The RAG layer is simultaneously the production environment and the crime scene. Every minute that passes after an incident is suspected (without freezing knowledge sources, snapshotting the vector index, and exporting retrieval traces) is a minute of evidence destroyed by routine operations: nightly re-indexing, scheduled crawls, document updates, embedding model upgrades. By the time the response team understands the question, the artifacts that would answer it have been overwritten.

This is the forensic-depth playbook in the AI IR Overlay series. Where Playbook 01 covers general response and Playbook 04 covers tool-layer preparation, Playbook 03 covers what to do when the suspected attack path is the RAG pipeline itself. The seven-component chain from source systems through ingestion, embedding, vector storage, retrieval, prompt assembly, and output. Each component is a potential failure surface. Each one requires a distinct forensic discipline.

Mental Model clause engaged: if it can retrieve, protect it as a production system. The corollary: if it can retrieve, forensicate it as a production system. RAG forensics isn’t separate from corpus governance. It’s corpus governance under incident pressure.

Use this playbook when: an agent’s outputs reference unexpected documents · a retrieval-dominance alert fires per Playbook 18 · users report agent responses that cite policies the organization doesn’t have · a high-impact agent decision can’t be traced back to its source document · a knowledge base administrator detects unexplained document changes · a vector index shows unexplained ranking shifts.

First-Hour Actions

The first hour of a RAG-class incident has one job: freeze the world without breaking the business.

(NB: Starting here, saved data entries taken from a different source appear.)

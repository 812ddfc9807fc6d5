-- ===== src/I18n/Zh/Runtime.antt =====
-- web/src/i18n/zh.ts, from `runtime.title` to `runtime.noLogs`.
use Prim.Native.String.{String}
use mihomo_cp.Prelude.{List, [], ◌∷◌}

abbrev pub zh_runtime : List (String × String)
zh_runtime =
    ("runtime.title", "运行状态")
    ∷ ("runtime.connections", "连接")
    ∷ ("runtime.proxies", "节点")
    ∷ ("runtime.rules", "规则")
    ∷ ("runtime.providers", "规则集")
    ∷ ("runtime.logs", "日志")
    ∷ ("runtime.loadingProxies", "加载节点中...")
    ∷ ("runtime.loadingRules", "加载规则中...")
    ∷ ("runtime.loadingProviders", "加载规则集中...")
    ∷ ("runtime.noProxyGroups", "未找到策略组，mihomo 可能未运行")
    ∷ ("runtime.noRules", "未找到规则，mihomo 可能未运行")
    ∷ ("runtime.noProviders", "未找到规则集，mihomo 可能未运行")
    ∷ ("runtime.selected", "当前选择")
    ∷ ("runtime.testDelay", "测试延迟")
    ∷ ("runtime.switchProxy", "切换到此节点")
    ∷ ("runtime.switchedTo", "已切换到 {name}")
    ∷ ("runtime.switchFailed", "切换节点失败")
    ∷ ("runtime.providerRefreshed", "规则集 \"{name}\" 已刷新")
    ∷ ("runtime.providerRefreshFailed", "刷新 \"{name}\" 失败")
    ∷ ("runtime.timeout", "超时")
    ∷ ("runtime.payload", "匹配值")
    ∷ ("runtime.proxy", "代理")
    ∷ ("runtime.rules_count", "{count} 条规则")
    ∷ ("runtime.updated", "更新时间")
    ∷ ("runtime.searchPlaceholder", "按主机、规则、链路搜索...")
    ∷ ("runtime.connectionCount", "{count} 个连接")
    ∷ ("runtime.loadingConnections", "加载连接中...")
    ∷ ("runtime.noConnections", "无活跃连接")
    ∷ ("runtime.host", "主机")
    ∷ ("runtime.network", "网络")
    ∷ ("runtime.chains", "链路")
    ∷ ("runtime.rule", "规则")
    ∷ ("runtime.download", "下载")
    ∷ ("runtime.upload", "上传")
    ∷ ("runtime.closeConnection", "关闭连接")
    ∷ ("runtime.addRule", "为此主机添加规则")
    ∷ ("runtime.noLogs", "暂无日志。实时日志流需要 WebSocket 支持（MVP 后续版本）。")
    ∷ []
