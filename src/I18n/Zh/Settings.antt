-- ===== src/I18n/Zh/Settings.antt =====
-- web/src/i18n/zh.ts, from `settings.title` to `settings.fileIndicator`.
use Prim.Native.String.{String}
use mihomo_cp.Prelude.{List, [], ◌∷◌}

abbrev pub zh_settings : List (String × String)
zh_settings =
    ("settings.title", "设置")
    ∷ ("settings.appSettings", "应用设置")
    ∷ ("settings.loadingSettings", "加载设置中...")
    ∷ ("settings.saved", "设置已保存")
    ∷ ("settings.saveFailed", "保存设置失败")
    ∷ ("settings.saveSettings", "保存设置")
    ∷ ("settings.configPath", "mihomo 配置路径")
    ∷ ("settings.configPathPlaceholder", "/etc/mihomo/config.yaml")
    ∷ ("settings.workingDir", "mihomo 工作目录")
    ∷ ("settings.workingDirPlaceholder", "/etc/mihomo")
    ∷ ("settings.binaryPath", "mihomo 可执行文件路径")
    ∷ ("settings.binaryPathPlaceholder", "/usr/local/bin/mihomo")
    ∷ ("settings.controllerUrl", "外部控制器地址")
    ∷ ("settings.controllerUrlPlaceholder", "http://127.0.0.1:9090")
    ∷ ("settings.controllerSecret", "外部控制器密钥")
    ∷ ("settings.controllerSecretPlaceholder", "留空表示无密钥")
    ∷ ("settings.userManagement", "用户管理")
    ∷ ("settings.addUser", "添加用户")
    ∷ ("settings.username", "用户名")
    ∷ ("settings.role", "角色")
    ∷ ("settings.loadingUsers", "加载用户中...")
    ∷ ("settings.noUsers", "暂无用户")
    ∷ ("settings.you", "（我）")
    ∷ ("settings.addUserDialog", "添加用户")
    ∷ ("settings.editUserDialog", "编辑用户")
    ∷ ("settings.usernamePlaceholder", "用户名")
    ∷ ("settings.passwordLabel", "密码")
    ∷ ("settings.passwordEditLabel", "密码（留空保持不变）")
    ∷ ("settings.passwordPlaceholder", "密码")
    ∷ ("settings.passwordEditPlaceholder", "新密码（可选）")
    ∷ ("settings.roleAdmin", "管理员")
    ∷ ("settings.roleReadonly", "只读")
    ∷ ("settings.userUpdated", "用户已更新")
    ∷ ("settings.userCreated", "用户已创建")
    ∷ ("settings.userUpdateFailed", "更新用户失败")
    ∷ ("settings.userCreateFailed", "创建用户失败")
    ∷ ("settings.userDeleted", "用户已删除")
    ∷ ("settings.userDeleteFailed", "删除用户失败")
    ∷ ("settings.cannotDeleteSelf", "不能删除当前登录的账户")
    ∷ ("settings.usernameRequired", "用户名不能为空")
    ∷ ("settings.passwordRequired", "密码不能为空")
    ∷ ("settings.deleteUserTitle", "删除用户")
    ∷ ("settings.deleteUserConfirm", "确定要删除此用户吗？此操作不可撤销。")
    ∷ ("settings.configEditor", "配置编辑器")
    ∷ ("settings.configEditorDesc", "直接编辑 mihomo config.yaml。保存为草稿后，前往发布页面进行校验和发布。")
    ∷ ("settings.configLoading", "加载配置中...")
    ∷ ("settings.configLoadFailed", "加载配置失败")
    ∷ ("settings.configSaved", "配置草稿已保存")
    ∷ ("settings.configSaveFailed", "保存配置草稿失败")
    ∷ ("settings.configDraftCleared", "配置草稿已清除")
    ∷ ("settings.configClearFailed", "清除配置草稿失败")
    ∷ ("settings.saveDraft", "保存为草稿")
    ∷ ("settings.clearDraft", "清除草稿")
    ∷ ("settings.draftIndicator", "草稿")
    ∷ ("settings.fileIndicator", "当前文件")
    ∷ []
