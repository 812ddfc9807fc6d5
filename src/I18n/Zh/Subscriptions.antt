-- ===== src/I18n/Zh/Subscriptions.antt =====
-- web/src/i18n/zh.ts, from `subscriptions.title` to `subscriptions.resetNoneHint`.
use Prim.Native.String.{String}
use mihomo_cp.Prelude.{List, [], ◌∷◌}

abbrev pub zh_subscriptions : List (String × String)
zh_subscriptions =
    ("subscriptions.title", "订阅管理")
    ∷ ("subscriptions.readonlyHint", "只读视图：只有管理员可以新增、编辑、刷新或删除订阅。")
    ∷ ("subscriptions.add", "添加订阅")
    ∷ ("subscriptions.edit", "编辑订阅")
    ∷ ("subscriptions.empty", "暂无订阅。添加后可跟踪配额、到期和重置时间。")
    ∷ ("subscriptions.loadFailed", "加载订阅失败")
    ∷ ("subscriptions.created", "订阅已保存到草稿")
    ∷ ("subscriptions.updated", "订阅已更新到草稿")
    ∷ ("subscriptions.deleted", "订阅已删除")
    ∷ ("subscriptions.deleteTitle", "删除订阅")
    ∷ (
      "subscriptions.deleteConfirm",
      "确定删除“{name}”吗？若没有策略组引用其 provider，会同时从配置草稿中移除该 provider，发布后生效；若仍被引用，则删除会被阻止，需先解除引用。",
    )
    ∷ ("subscriptions.deleteFailed", "删除订阅失败")
    ∷ ("subscriptions.saveFailed", "保存订阅失败")
    ∷ ("subscriptions.saveConflict", "同名订阅或 provider 已存在。")
    ∷ ("subscriptions.deleteReferencedGeneric", "无法删除：该 provider 仍被策略组引用。")
    ∷ ("subscriptions.formInvalid", "请检查名称、链接、配额和重置计划")
    ∷ ("subscriptions.refresh", "刷新")
    ∷ ("subscriptions.refreshing", "刷新中…")
    ∷ ("subscriptions.refreshed", "订阅已刷新")
    ∷ ("subscriptions.refreshFailed", "刷新失败")
    ∷ ("subscriptions.refreshAll", "全部刷新")
    ∷ ("subscriptions.refreshingAll", "正在全部刷新…")
    ∷ ("subscriptions.statusOk", "数据正常")
    ∷ ("subscriptions.statusStale", "数据陈旧")
    ∷ ("subscriptions.statusError", "刷新失败")
    ∷ ("subscriptions.statusDisabled", "自动更新已暂停")
    ∷ ("subscriptions.statusPending", "等待首次刷新")
    ∷ ("subscriptions.provider", "原生 provider")
    ∷ ("subscriptions.providerNone", "未关联")
    ∷ (
      "subscriptions.providerHint", "订阅以 mihomo proxy-provider 的形式保存在配置草稿中。可关联已有 provider，或用此名称新建。",
    )
    ∷ ("subscriptions.providerName", "Provider 名称")
    ∷ ("subscriptions.providerNamePlaceholder", "例如 provider-main")
    ∷ ("subscriptions.providerLink", "关联已有 provider")
    ∷ ("subscriptions.providerCreate", "用此名称新建 provider")
    ∷ ("subscriptions.nodeCount", "节点数")
    ∷ ("subscriptions.nodeCountUnknown", "provider 拉取后才能确定")
    ∷ ("subscriptions.providerMissing", "配置草稿中找不到所关联的 provider")
    ∷ ("subscriptions.providerSourceCreated", "新建")
    ∷ ("subscriptions.providerSourceLinked", "关联")
    ∷ ("subscriptions.sourceType", "来源类型")
    ∷ ("subscriptions.sourceTypeNative", "原生 provider")
    ∷ ("subscriptions.sourceTypeNativeHint", "在配置草稿中创建或关联原生 mihomo proxy-provider（经发布中心生效）。")
    ∷ ("subscriptions.sourceTypeTraffic", "既有静态来源")
    ∷ ("subscriptions.sourceTypeTrafficHint", "跟踪既有流量来源及其静态节点；不创建原生 provider，也绝不改动配置草稿。")
    ∷ ("subscriptions.sourceTypeTrafficBadge", "静态来源")
    ∷ ("subscriptions.trafficSource", "流量来源")
    ∷ ("subscriptions.trafficSourceSelect", "选择既有流量来源…")
    ∷ ("subscriptions.trafficProviderRequired", "请选择该来源要跟踪的流量 provider。")
    ∷ ("subscriptions.urlManagedByTrafficSource", "订阅链接由流量来源持有，本页不重复存储；请在流量页修改链接。")
    ∷ ("subscriptions.statusLocal", "仅本地数据")
    ∷ ("subscriptions.localOnlyHint", "该流量来源没有订阅链接：仅显示本地采样用量，厂商用量与到期时间未知。")
    ∷ ("subscriptions.supplierResetDayNotice", "厂商仅报告重置日 {day}（不含小时与时区）。")
    ∷ ("subscriptions.scheduleConfiguredHint", "上方重置时间与时区为本地配置，并非厂商提供。")
    ∷ ("subscriptions.nodeCountMatched", "匹配的静态节点")
    ∷ ("subscriptions.deleteTitleTraffic", "删除静态来源跟踪")
    ∷ ("subscriptions.deleteConfirmTraffic", "删除“{name}”的跟踪记录？流量来源、历史统计与所有静态节点/分组均不受影响。")
    ∷ ("subscriptions.pausedUsageHintTraffic", "自动元数据刷新已暂停；流量来源与静态配置不受影响。")
    ∷ ("subscriptions.localUsed", "本周期本地统计")
    ∷ ("subscriptions.resetInDays", "{days} 天后")
    ∷ ("subscriptions.cycleEnds", "当前周期结束于 {time}")
    ∷ (
      "subscriptions.pausedHint",
      "暂停只会停止自动更新订阅信息和节点评分。已发布的 provider 节点仍会承载流量，直到解除策略组引用并删除 provider 后发布生效。",
    )
    ∷ (
      "subscriptions.pausedUsageHint",
      "自动更新订阅信息和评分已暂停。已发布的节点仍会承载流量；如需停止使用，请先解除策略组引用，再删除 provider 并通过发布中心发布。",
    )
    ∷ ("subscriptions.neverFetchedHint", "尚无供应商数据。刷新以获取配额、到期和重置信息。")
    ∷ ("subscriptions.staleHint", "供应商数据缺失或超过 24 小时未更新。页面保留最后一次成功值并标注其获取时间。")
    ∷ ("subscriptions.url", "订阅链接")
    ∷ ("subscriptions.urlPlaceholder", "https://provider.example/subscription")
    ∷ ("subscriptions.urlKeepHint", "留空表示保留已存储的链接；完整链接不会再次显示。")
    ∷ ("subscriptions.urlMaskedHint", "界面只显示掩码链接，完整链接不会返回浏览器。")
    ∷ ("subscriptions.enabled", "自动更新订阅信息与评分")
    ∷ ("subscriptions.quota", "配额")
    ∷ ("subscriptions.total", "总量")
    ∷ ("subscriptions.used", "已用")
    ∷ ("subscriptions.remaining", "剩余")
    ∷ ("subscriptions.usageSource", "用量来源")
    ∷ ("subscriptions.sourceVendor", "厂商报告")
    ∷ ("subscriptions.sourceLocal", "本地统计")
    ∷ ("subscriptions.sourceManual", "手动")
    ∷ ("subscriptions.sourceNone", "暂无数据")
    ∷ ("subscriptions.dataUpdatedAt", "用量更新时间")
    ∷ ("subscriptions.expiresAt", "到期")
    ∷ ("subscriptions.expiryUnknown", "供应商未提供")
    ∷ ("subscriptions.expirySource", "到期来源")
    ∷ ("subscriptions.expirySourceVendor", "供应商")
    ∷ ("subscriptions.expirySourceManual", "手动")
    ∷ ("subscriptions.expirySourceUnknown", "未知")
    ∷ ("subscriptions.nextReset", "下次重置")
    ∷ ("subscriptions.resetSchedule", "重置计划")
    ∷ ("subscriptions.resetConfigure", "配置每月重置计划")
    ∷ ("subscriptions.resetNone", "无每月重置计划（未知）")
    ∷ ("subscriptions.resetNoneHint", "不勾选表示无每月重置计划（未知）；修改其他字段不会自动生成重置计划。")
    ∷ []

Every other forensic action depends on getting this right.

The Freeze-the-World Sequence (90-minute target)

Minute Action Owner
0–10 Stabilize the agent. Activate Kill-Switch M1 (Read-Only) if not already engaged. The agent can still serve but can’t write while retrieval forensics proceeds. Tier-1 SOC
10–25 Freeze knowledge sources. Lock writes to corpora the agent retrieves from, OR shift the agent to a frozen read-only snapshot of the current index. Pause all ingestion, crawls, and ETL into the affected corpus. Platform engineering + corpus owner
25–45 Snapshot retrieval reality. Export the full vector index (all embeddings, metadata, document IDs, version stamps, ingestion timestamps). Export the last 7 days of retrieval traces (queries, returned doc IDs, similarity scores, top-k rank). RAG platform engineer
45–70 Export source-system audit logs. For each upstream system feeding the corpus (SharePoint, Confluence, Google Drive, ticketing, code repos, internal sites), pull change-history logs covering the incident window plus 7 days. Identity / SaaS owners (parallel)
70–85 Validate containment. Confirm that ingestion is paused, writes are locked, the snapshot is intact, and the agent is operating from the frozen view. Document evidence that the freeze held. Incident Commander
85–90 Open the investigation log. Record the freeze timeline, who locked what, what was exported, and the timestamp at which the index was snapshotted. Incident Commander

Critical: if any of these steps slips, evidence is degraded and the rest of the playbook is reconstructing from incomplete records. The 90-minute target is aggressive on purpose. Most organizations discover during this drill that ingestion is automated and harder to pause than they thought, that vector index export isn’t pre-approved, or that source-system audit logs require manual ticket requests. Those discoveries are themselves findings for Post-Incident Hardening.

Containment Options

For RAG-class incidents, containment maps to Kill-Switch Modes somewhat differently from PB01’s general response model. The corpus itself becomes a containment surface, not just the agent’s tools.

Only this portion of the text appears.